Высокий и стройный, с бледным лицом, на котором пробиваются красивые тонкие усики, он, не обращая на них внимания, продолжает свой бег и, перемахнув еще через одну канаву, исчезает за углом дома.
— …не говори! — хихикает рыженькая, а когда мы со Славиком проходим мимо, она спрашивает нас: — В вашей школе учится?
— Кто?
— Черненький — ваш школьничек? — Она смеется, уставившись на нас зелеными глазами. Ее губы ярко накрашены, а от лисьего воротника почему-то пахнет кошкой.
— Наш, — отвечает Славик.
— Зачем он вам? Подарите!
— Он еще учится!
— И не научился?! — И они обе хохочут.
Мы идем дальше, и Славик говорит:
— Так вот, он ведь написал письмо Сталину, помнишь, я тебе говорил? А его мама, я знаю, плачет все время, а он с ней об этом не говорит! Я видел!
— Все-то ты видел.
— Все не все, а многое! И надо видеть. Особенно в наше время, когда полно шпионов. Сам знаешь… — Он многозначительно подмаргивает. — Знаешь ведь про безногого?
— Ну знаю.
— Ведь он сигналил фонариком немецким самолетам!

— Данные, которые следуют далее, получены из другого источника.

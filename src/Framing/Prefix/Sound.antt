-- ===== src/Framing/Prefix/Sound.antt =====
-- framing.go: what a length-prefixed codec returns, on any stream of bytes, and on one that is cut.
use gopher_socks.Common.{
  ℕ, zero, suc, ◌+◌, ◌*◌, ◌%◌, ◌^◌, ◌≤◌, ◌<◌, ◌≡◌, refl, ap, ◌∙◌, sym, subst, List, [], ◌∷◌, ◌++◌,
  length, arith, append_assoc, ltb, inl, inr, Bool-cases, All, All-append_left,
}
use gopher_socks.Common.Int.{ℤ, to_u64}
use gopher_socks.Errors.{Error, Result, ok, err}
use gopher_socks.Framing.Reader.{Reader, Read, read_full, read_uvarint, uvarint_loop}
use gopher_socks.Framing.Bytes.{IsByte, be32, from_be32}
use gopher_socks.Framing.Prefix.{
  read_payload, read_header, read_uvarint_frame, append_uint32, header_number, read_uint32_frame,
}
use gopher_socks.Framing.Prefix.Payload.{read_full-ok, read_payload-ok, append_uint32-frame}

read_header-ok :
    (m : Result ℕ × Reader) (max : ℤ) (p : List ℕ) (r' : Reader)
    → read_header m max ≡ (ok p, r')
    → (n : ℕ) × (r : Reader) × (m ≡ (ok n, r)) × (read_payload r n max ≡ (ok p, r'))
unfolding read_header
read_header-ok (ok n, r) max p r' h = (n, r, refl, h)
read_header-ok (err e, r) max p r' h = cc

header_number-ok :
    (m : Read) (n : ℕ) (r : Reader)
    → header_number m ≡ (ok n, r)
    → (hdr : List ℕ) × (m ≡ (ok hdr, r)) × (from_be32 hdr ≡ n)
header_number-ok (ok hdr, x) n r h = (hdr, ground arith, ground arith)
header_number-ok (err e, x) n r h = cc

be32-from_be32 : (hdr : List ℕ) → All IsByte hdr → length hdr ≡ 4 → be32 (from_be32 hdr) ≡ hdr
be32-from_be32 [] h e = absurd (omega arith)
be32-from_be32 (a ∷ []) h e = absurd (omega arith)
be32-from_be32 (a ∷ b ∷ []) h e = absurd (omega arith)
be32-from_be32 (a ∷ b ∷ c ∷ []) h e = absurd (omega arith)
be32-from_be32 (a ∷ b ∷ c ∷ d ∷ []) h e = ground arith
be32-from_be32 (a ∷ b ∷ c ∷ d ∷ x ∷ xs) h e = absurd (omega arith)

from_be32-lt : (hdr : List ℕ) → All IsByte hdr → from_be32 hdr < 2 ^ 32
from_be32-lt [] h = omega arith
from_be32-lt (a ∷ []) h = omega arith
from_be32-lt (a ∷ b ∷ []) h = omega arith
from_be32-lt (a ∷ b ∷ c ∷ []) h = omega arith
from_be32-lt (a ∷ b ∷ c ∷ d ∷ xs) h = omega arith

-- On any stream of bytes, what the uint32 codec takes for a payload is exactly its frame, and the
-- payload is not longer than max.
pub read_uint32_sound :
    (max : ℤ) (r r' : Reader) (p : List ℕ)
    → All IsByte r.bytes
    → read_uint32_frame r max ≡ (ok p, r')
    → (r.bytes ≡ (append_uint32 [] p).0 ++ r'.bytes) × (length p ≤ to_u64 max)
unfolding read_uint32_frame
read_uint32_sound max r r' p bytes h = (whole, omega (arith, payload.1, payload.2))
  where
    header :
        (n : ℕ) × (x : Reader) × (header_number (read_full r 4) ≡ (ok n, x))
        × (read_payload x n max ≡ (ok p, r'))
    header = read_header-ok (header_number (read_full r 4)) max p r' h

    number : (hdr : List ℕ) × (read_full r 4 ≡ (ok hdr, header.1)) × (from_be32 hdr ≡ header.0)
    number = header_number-ok (read_full r 4) header.0 header.1 header.2

    front : (r.bytes ≡ number.0 ++ header.1.bytes) × (length number.0 ≡ 4)
    front = read_full-ok r header.1 4 number.0 number.1

    payload : (header.1.bytes ≡ p ++ r'.bytes) × (length p ≡ header.0) × (header.0 ≤ to_u64 max)
    payload = read_payload-ok header.1 r' header.0 max p header.3

    is_bytes : All IsByte number.0
    is_bytes = All-append_left IsByte number.0 header.1.bytes (subst (All IsByte) front.0 bytes)

    code : be32 (length p) ≡ number.0
    code = ap be32 (payload.1 ∙ sym number.2) ∙ be32-from_be32 number.0 is_bytes front.1

    small : length p < 2 ^ 32
    small = omega (arith, payload.1, number.2, from_be32-lt number.0 is_bytes)

    whole : r.bytes ≡ (append_uint32 [] p).0 ++ r'.bytes
    whole =
        front.0
        ∙ ap (◌++◌ number.0) payload.0
        ∙ ap (λ l. l ++ (p ++ r'.bytes)) (sym code)
        ∙ sym (append_assoc (be32 (length p)) p r'.bytes)
        ∙ ap (λ a. a.0 ++ r'.bytes) (sym (append_uint32-frame [] p small))

uvarint_loop-ok :
    (left i x n : ℕ) (bs rest : List ℕ) (e : Error)
    → uvarint_loop left i x bs e ≡ (ok n, rest)
    → (hdr : List ℕ) × (bs ≡ hdr ++ rest) × (length hdr ≤ left)
unfolding uvarint_loop
uvarint_loop-ok zero i x n bs rest e h = cc
uvarint_loop-ok (suc left) i x n [] rest e h = cc
uvarint_loop-ok (suc left) i x n (b ∷ bs) rest e h = elim (Bool-cases (ltb b 128)) [
  | inl last ↦ (b ∷ [], ground arith, omega arith)
  | inr more ↦
      let (hdr, split, len) =
        uvarint_loop-ok left (i + 1) ((x + b % 128 * 2 ^ (7 * i)) % 2 ^ 64) n bs rest e
          (rw (more, uvarint_loop) at h) in
      (b ∷ hdr, ap (◌∷◌ b) split, omega (arith, len))
]

read_uvarint-ok :
    (r x : Reader) (n : ℕ)
    → read_uvarint r ≡ (ok n, x)
    → (hdr : List ℕ) × (r.bytes ≡ hdr ++ x.bytes) × (length hdr ≤ 10)
unfolding read_uvarint
read_uvarint-ok r x n h = uvarint_loop-ok 10 0 0 n r.bytes x.bytes r.fail (ground arith)

-- On any stream, what the uvarint codec takes for a payload follows a header of at most ten bytes
-- that holds its length, and is not longer than max.
pub read_uvarint_sound :
    (max : ℤ) (r r' : Reader) (p : List ℕ)
    → read_uvarint_frame r max ≡ (ok p, r')
    → ((read_uvarint r).0 ≡ ok (length p))
      × (length p ≤ to_u64 max)
      × ((hdr : List ℕ) × (r.bytes ≡ hdr ++ (p ++ r'.bytes)) × (length hdr ≤ 10))
unfolding read_uvarint_frame
read_uvarint_sound max r r' p h =
    let (n, x, e, f) = read_header-ok (read_uvarint r) max p r' h in
    let (split, len, fits) = read_payload-ok x r' n max p f in
    let (hdr, front, short) = read_uvarint-ok r x n e in
    (
      ap (λ m. m.0) e ∙ ap ok (sym len),
      omega (arith, len, fits),
      (hdr, front ∙ ap (◌++◌ hdr) split, short),
    )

— Дурак ты! Им этот фонарик и не виден был бы, если бы он даже и зажигал его.
— Так ты не веришь?
— Нет.
— Так, значит, его зря забрали?
Я молчу.
— У нас никого зря не берут!
Я молчу.
— Почему же он молчал все время, пока его вели в милицию? А?
— Да потому, что его излупили так, что он только просил, чтобы ему дали полежать на снегу! Вот почему!
— Это — не ответ. И потом… он сам упал.
— Нет. Я сам видел, как Нюрка била его кулаком в лицо и приговаривала: «Всех вас, шпиёнов, так надо!» А дуры эти с нашего двора держали его за руки!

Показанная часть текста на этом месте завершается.